I think I totally disagree with this. So many inventions have been the result of war, even outside of WW2/the Cold War.
For example, what would Israel look like today if there was no threat of since its founding? I doubt it would be anywhere near as advanced as it is today.
War is terrible, and I'm not advocating for it, but I don't think you could necessarily say it's unproductive.
> War is the single most unproductive activity humans can do
https://science.howstuffworks.com/war-drive-technological-ad...
war leads to technological progress. peace leads to kerfuffles over pronouns.
Directed with unerring accuracy by Moscow specifically to seed discord and division.
The idea that this the inevitable direction of peace ignores the fact that the rise of the so-called culture war is part of an asymmetric conflict.
This is just the same old disproven "hard times lead to strong men, strong men lead to good times, good times lead to weak men, weak men lead to hard times" nonsense.
If you paid any attention to what the talking heads driving the culture war discourse in the US have openly said about what they have been doing, it's obvious that the "culture war" is about as much the fault of progressives as the Ukraine war is the fault of Ukraine. "DEI" and "wokism" is just the current designated battleground after drag queens, "CRT", "BLM" and masks/vaccines.

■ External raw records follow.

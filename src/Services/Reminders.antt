-- ===== src/Services/Reminders.antt =====
-- The reminders of services/nudges.go: no recipient is reminded of a payment twice in a period.
use expense_splitter.Prelude.{
  ℕ, ◌+◌, ◌*◌, ◌≡◌, ◌≤◌, refl, Bool, true, false, ◌&&◌, Option, none, some, Bool-cases, inl, inr,
  List, [], ◌∷◌, ◌++◌, ◌==◌, arith,
}
use expense_splitter.Types.Nudge.{NudgeType, nudge_debtor, nudge_creditor}
use expense_splitter.Store.{NotificationRow, Db}
use expense_splitter.Store.Action.{row, no_rows}
use expense_splitter.Store.Rows.{find, exists_row, update_rows}
use expense_splitter.Store.Nudges.{
  is_older, same_nudge_type, is_nudge, insert_or_renew, upsert_nudge,
}

same_nudge_type_refl : (t : NudgeType) → same_nudge_type t t ≡ true
same_nudge_type_refl nudge_debtor = refl
same_nudge_type_refl nudge_creditor = refl

module _ (payment recipient : ℕ) (type : NudgeType) where
  abbrev hit : NotificationRow → Bool
  hit = is_nudge payment recipient type

  find-stamp :
      (now : ℕ) (ns : List NotificationRow) (n : NotificationRow)
      → find hit ns ≡ some n
      → find hit (update_rows hit (λ x. record x { last_sent_at = now }) ns)
        ≡ some (record n { last_sent_at = now })
  unfolding find update_rows
  find-stamp now [] n h = ground arith
  find-stamp now (m ∷ ns) n h = ground (arith, find-stamp now ns n)

  find-new :
      (ns : List NotificationRow) (n : NotificationRow)
      → find hit ns ≡ none
      → hit n ≡ true
      → find hit (ns ++ (n ∷ [])) ≡ some n
  unfolding find
  find-new [] n h k = ground arith
  find-new (m ∷ ns) n h k = ground (arith, find-new ns n)

  abbrev stamp : ℕ → NotificationRow
  stamp now = record {
    payment_id = payment;
    recipient_user_id = recipient;
    nudge_type = type;
    last_sent_at = now;
  }

  -- The reminder in the table is at least as recent as `now`.
  too_soon :
      (hours uuid now now' : ℕ) (db : Db) (n : NotificationRow)
      → find hit db.notifications ≡ some n
      → n.last_sent_at ≡ now
      → now' ≤ now + hours * 3600
      → upsert_nudge payment recipient type hours uuid now' db ≡ (no_rows, db)
  unfolding upsert_nudge insert_or_renew
  too_soon hours uuid now now' db n h e soon =
      let recent : is_older hours now' n.last_sent_at ≡ false = ground (arith, e, soon) in
      let found : upsert_nudge payment recipient type hours uuid now' db
          ≡ insert_or_renew (stamp now') hours db (some n) =
        rw h refl in
      rw (found, recent) refl

  once :
      (hours uuid' now now' : ℕ) (db : Db) (o : Option NotificationRow)
      → find hit db.notifications ≡ o
      → (insert_or_renew (stamp now) hours db o).0 ≡ row tt
      → now' ≤ now + hours * 3600
      → upsert_nudge payment recipient type hours uuid' now'
          (insert_or_renew (stamp now) hours db o).1
        ≡ (no_rows, (insert_or_renew (stamp now) hours db o).1)
  unfolding insert_or_renew
  once hours uuid' now now' db (some old) h sent soon =
      elim (Bool-cases (is_older hours now old.last_sent_at)) [
        | inl older ↦
            rw older
              (too_soon hours uuid' now now' _ _ (find-stamp now db.notifications old h) refl soon)
        | inr recent ↦ ground (arith, sent, recent)
      ]
  once hours uuid' now now' db none h sent soon =
      elim (Bool-cases (
        exists_row (λ p. p.id == payment) db.payments
        && exists_row (λ u. u.id == recipient) db.users)) [
          | inl valid ↦ rw valid (
              too_soon hours uuid' now now' _ _
                (find-new db.notifications (stamp now) h
                  (ground (arith, same_nudge_type_refl type)))
                refl soon)
          | inr missing ↦ ground (arith, sent, missing)
        ]

  -- A reminder that UpsertNudge has sent is not sent again within the period: when the same reminder
  -- is asked for at most `hours` hours later, no row comes back and nothing changes.
  pub upsert_nudge-once :
      (hours uuid now uuid' now' : ℕ) (db : Db)
      → (upsert_nudge payment recipient type hours uuid now db).0 ≡ row tt
      → now' ≤ now + hours * 3600
      → upsert_nudge payment recipient type hours uuid' now'
          (upsert_nudge payment recipient type hours uuid now db).1
        ≡ (no_rows, (upsert_nudge payment recipient type hours uuid now db).1)
  unfolding upsert_nudge
  upsert_nudge-once hours uuid now uuid' now' db sent soon =
      once hours uuid' now now' db (find hit db.notifications) refl sent soon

The goal is to frame non-issues as apocalyptic imminent threats in order to create political momentum for otherwise unpopular politics of rolling back civil justice advancements (e.g. gay rights, reproductive rights, Black rights, women's rights).
War does not lead to technological progress. War accelerates technological progress. A majority of groundbreaking research happens outside the private sector and war economies usually see more direct state control of the economy and more state involvement in R&D, supported by heavy public spending. If you want to take a lesson from war driving technological progress, you could just do this in peace times.
It sounds like the peace time decadence is not kerfuffles over pronouns but entertaining a privatized economy concerned more with ROI for investors than contributing to a shared public effort.
> If you want to take a lesson from war driving technological progress, you could just do this in peace times.
that's exactly the point though. unless we're threatened with annihilation, or at least loss of access to valuable resources, we as humans don't seem very good at this kind of thing. we'd rather spend it on corruption, bullshit jobs, vanity projects, etc.
Not at all. I think you've confused the word "progression" with "desperation".
Killing is the most basic instinct of animals, a dog can do that if aggravated enough. In fact, a stupid strong dog can be much more violent than a smart strong dog. It's not anything advanced, really. So as war, which is just a form of mass killings.
Peace, on the other hand, is more advanced. It takes a lot effort, maneuver, calculations and compromise to make it happen.
Technological progress will happen (if not happen in a better way) without war, it could be driven by market, or people's wish etc.
War makes people desperate, so they wish to have something to keep them safe immediately, including methods/tools that makes them good at killing (formally called "Defense"). That's why we humans figured out how to build nuclear bombs BEFORE nuclear power stations.
There are also countless example on how wars halted progress. Do you know how many scientists lost their lives because of wars? How many regular people and their potentials gets destroyed because of wars? And how high the reparation could cost to repair what's lost the wars?
All and all, calling "war leads to progress" is a complete void-filled nonsensical bullshit. Kerfuffles, if keeps people safe to enjoy their lives, is way more productive than that.
What a humanity fail that stuff like this is happening.